==== Data for this task

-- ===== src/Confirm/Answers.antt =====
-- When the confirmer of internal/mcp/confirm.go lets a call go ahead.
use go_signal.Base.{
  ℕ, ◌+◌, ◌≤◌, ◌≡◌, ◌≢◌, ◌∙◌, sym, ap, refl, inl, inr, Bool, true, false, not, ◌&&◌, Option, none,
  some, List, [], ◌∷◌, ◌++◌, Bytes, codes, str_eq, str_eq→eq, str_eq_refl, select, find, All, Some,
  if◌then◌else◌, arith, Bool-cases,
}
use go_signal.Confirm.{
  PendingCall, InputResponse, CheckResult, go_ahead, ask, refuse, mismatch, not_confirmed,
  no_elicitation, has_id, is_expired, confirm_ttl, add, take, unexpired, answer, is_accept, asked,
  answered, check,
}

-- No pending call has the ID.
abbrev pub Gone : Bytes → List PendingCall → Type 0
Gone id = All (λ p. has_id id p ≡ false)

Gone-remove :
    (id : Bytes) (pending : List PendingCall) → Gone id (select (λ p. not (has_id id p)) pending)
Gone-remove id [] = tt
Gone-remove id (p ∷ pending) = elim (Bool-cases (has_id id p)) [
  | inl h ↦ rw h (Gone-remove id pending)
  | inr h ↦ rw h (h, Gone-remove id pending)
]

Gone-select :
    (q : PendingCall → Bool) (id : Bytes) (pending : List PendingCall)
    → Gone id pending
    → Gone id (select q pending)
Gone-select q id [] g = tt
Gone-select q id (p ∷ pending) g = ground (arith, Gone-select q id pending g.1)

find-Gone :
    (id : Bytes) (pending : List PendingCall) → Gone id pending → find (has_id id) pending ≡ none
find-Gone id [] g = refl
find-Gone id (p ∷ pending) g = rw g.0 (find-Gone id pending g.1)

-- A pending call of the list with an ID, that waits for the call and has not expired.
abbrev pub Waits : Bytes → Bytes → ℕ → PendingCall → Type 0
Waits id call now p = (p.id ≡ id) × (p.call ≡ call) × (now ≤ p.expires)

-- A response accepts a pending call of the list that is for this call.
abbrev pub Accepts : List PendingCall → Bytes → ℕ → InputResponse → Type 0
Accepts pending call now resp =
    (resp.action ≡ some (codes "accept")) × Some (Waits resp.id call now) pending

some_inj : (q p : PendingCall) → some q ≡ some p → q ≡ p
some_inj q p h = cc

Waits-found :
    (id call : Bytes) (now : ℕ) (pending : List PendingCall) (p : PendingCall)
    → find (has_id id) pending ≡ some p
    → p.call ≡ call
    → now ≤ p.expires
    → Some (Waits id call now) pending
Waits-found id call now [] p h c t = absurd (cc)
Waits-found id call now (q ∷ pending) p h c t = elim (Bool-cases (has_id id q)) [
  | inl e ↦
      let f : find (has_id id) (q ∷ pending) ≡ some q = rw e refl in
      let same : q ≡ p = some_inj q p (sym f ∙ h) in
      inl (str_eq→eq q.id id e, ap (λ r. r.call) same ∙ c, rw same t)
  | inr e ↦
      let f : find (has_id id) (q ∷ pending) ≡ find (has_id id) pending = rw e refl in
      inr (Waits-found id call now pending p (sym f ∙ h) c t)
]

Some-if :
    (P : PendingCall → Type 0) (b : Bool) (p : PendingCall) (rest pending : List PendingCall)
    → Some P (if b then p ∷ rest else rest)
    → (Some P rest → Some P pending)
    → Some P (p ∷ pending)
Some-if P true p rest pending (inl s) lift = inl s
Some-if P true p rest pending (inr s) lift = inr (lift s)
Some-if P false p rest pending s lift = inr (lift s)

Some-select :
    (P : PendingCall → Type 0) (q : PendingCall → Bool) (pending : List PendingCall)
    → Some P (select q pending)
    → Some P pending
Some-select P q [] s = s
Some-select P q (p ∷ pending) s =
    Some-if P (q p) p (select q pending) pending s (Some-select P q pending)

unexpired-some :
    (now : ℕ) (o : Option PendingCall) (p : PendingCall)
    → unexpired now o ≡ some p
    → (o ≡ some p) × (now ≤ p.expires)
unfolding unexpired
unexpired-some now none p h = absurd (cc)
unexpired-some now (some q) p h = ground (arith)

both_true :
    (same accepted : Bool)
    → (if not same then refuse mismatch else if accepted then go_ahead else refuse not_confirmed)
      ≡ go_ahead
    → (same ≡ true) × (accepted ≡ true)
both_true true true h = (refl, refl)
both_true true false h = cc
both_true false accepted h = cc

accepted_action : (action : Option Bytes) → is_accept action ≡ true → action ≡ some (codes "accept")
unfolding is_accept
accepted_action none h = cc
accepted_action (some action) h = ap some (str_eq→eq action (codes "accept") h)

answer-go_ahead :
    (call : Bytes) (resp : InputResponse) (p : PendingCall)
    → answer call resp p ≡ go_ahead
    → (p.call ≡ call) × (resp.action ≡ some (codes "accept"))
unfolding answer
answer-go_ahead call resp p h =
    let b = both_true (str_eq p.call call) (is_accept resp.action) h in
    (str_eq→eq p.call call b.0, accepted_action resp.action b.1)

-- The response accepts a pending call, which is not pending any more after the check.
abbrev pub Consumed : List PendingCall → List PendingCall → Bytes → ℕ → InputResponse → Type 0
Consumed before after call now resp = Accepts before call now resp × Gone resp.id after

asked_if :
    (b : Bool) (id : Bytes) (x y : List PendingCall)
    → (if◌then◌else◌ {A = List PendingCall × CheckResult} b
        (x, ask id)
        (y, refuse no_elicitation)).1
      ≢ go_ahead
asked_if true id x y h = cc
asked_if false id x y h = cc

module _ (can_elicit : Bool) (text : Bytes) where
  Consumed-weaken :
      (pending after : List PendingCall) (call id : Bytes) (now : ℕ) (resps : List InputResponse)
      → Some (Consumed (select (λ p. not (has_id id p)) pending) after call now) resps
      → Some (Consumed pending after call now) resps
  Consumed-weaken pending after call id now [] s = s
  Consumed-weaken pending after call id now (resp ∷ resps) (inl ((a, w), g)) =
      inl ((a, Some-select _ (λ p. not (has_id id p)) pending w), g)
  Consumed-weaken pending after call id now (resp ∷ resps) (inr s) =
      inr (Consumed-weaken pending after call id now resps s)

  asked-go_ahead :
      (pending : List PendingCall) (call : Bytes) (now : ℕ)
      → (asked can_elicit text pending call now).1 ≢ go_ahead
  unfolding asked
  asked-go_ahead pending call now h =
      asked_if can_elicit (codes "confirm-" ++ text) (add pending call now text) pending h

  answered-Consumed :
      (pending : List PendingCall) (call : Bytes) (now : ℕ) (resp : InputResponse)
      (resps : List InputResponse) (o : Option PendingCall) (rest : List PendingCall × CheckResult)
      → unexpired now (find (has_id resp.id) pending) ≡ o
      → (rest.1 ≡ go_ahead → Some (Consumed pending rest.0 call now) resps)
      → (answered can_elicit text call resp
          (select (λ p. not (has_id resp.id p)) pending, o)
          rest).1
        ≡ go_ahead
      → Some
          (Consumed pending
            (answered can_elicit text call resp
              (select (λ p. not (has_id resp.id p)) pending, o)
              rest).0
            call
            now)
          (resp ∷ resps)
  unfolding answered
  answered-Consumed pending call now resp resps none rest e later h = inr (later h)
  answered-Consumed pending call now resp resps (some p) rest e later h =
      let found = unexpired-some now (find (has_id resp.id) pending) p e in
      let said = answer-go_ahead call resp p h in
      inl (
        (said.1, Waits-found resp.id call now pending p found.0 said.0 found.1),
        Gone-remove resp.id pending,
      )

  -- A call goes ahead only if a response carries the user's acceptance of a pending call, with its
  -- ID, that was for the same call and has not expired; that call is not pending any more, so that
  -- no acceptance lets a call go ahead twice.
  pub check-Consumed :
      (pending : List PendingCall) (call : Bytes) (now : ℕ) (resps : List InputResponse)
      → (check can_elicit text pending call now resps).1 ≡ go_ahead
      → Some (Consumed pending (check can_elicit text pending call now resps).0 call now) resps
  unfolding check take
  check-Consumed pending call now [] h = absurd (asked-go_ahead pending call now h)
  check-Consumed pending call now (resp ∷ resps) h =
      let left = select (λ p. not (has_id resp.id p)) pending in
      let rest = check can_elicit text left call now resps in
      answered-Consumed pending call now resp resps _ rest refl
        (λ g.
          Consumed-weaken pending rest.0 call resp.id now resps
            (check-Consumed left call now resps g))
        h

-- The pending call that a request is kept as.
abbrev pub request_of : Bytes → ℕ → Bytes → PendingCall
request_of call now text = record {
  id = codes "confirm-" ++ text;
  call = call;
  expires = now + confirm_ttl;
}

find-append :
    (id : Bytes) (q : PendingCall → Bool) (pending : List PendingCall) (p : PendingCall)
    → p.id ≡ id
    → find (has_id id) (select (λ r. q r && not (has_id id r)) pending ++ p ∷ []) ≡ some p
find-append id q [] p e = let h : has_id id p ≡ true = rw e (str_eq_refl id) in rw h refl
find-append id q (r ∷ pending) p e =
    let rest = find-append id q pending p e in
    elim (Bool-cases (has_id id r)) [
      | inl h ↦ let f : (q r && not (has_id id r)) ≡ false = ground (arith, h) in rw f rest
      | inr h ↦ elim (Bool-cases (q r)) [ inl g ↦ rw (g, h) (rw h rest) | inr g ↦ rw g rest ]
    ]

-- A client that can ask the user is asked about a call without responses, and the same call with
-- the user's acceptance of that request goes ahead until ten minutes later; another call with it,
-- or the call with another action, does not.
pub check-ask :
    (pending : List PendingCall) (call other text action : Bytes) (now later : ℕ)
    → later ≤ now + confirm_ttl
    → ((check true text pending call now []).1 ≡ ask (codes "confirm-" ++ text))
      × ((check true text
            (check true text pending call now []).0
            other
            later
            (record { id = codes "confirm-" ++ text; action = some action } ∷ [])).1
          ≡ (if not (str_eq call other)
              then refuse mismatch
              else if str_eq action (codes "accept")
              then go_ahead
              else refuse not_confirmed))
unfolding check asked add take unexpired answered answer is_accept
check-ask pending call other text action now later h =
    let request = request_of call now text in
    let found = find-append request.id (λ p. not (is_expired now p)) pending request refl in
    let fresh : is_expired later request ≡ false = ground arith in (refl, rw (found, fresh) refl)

========

What to do:
Would you copy out exactly the lines above that start at the one containing "(str_eq call other)" and end at the one containing "let request = request_of call now text in", inclusive?

Result for this task:
          ≡ (if not (str_eq call other)
              then refuse mismatch
              else if str_eq action (codes "accept")
              then go_ahead
              else refuse not_confirmed))
unfolding check asked add take unexpired answered answer is_accept
check-ask pending call other text action now later h =
    let request = request_of call now text in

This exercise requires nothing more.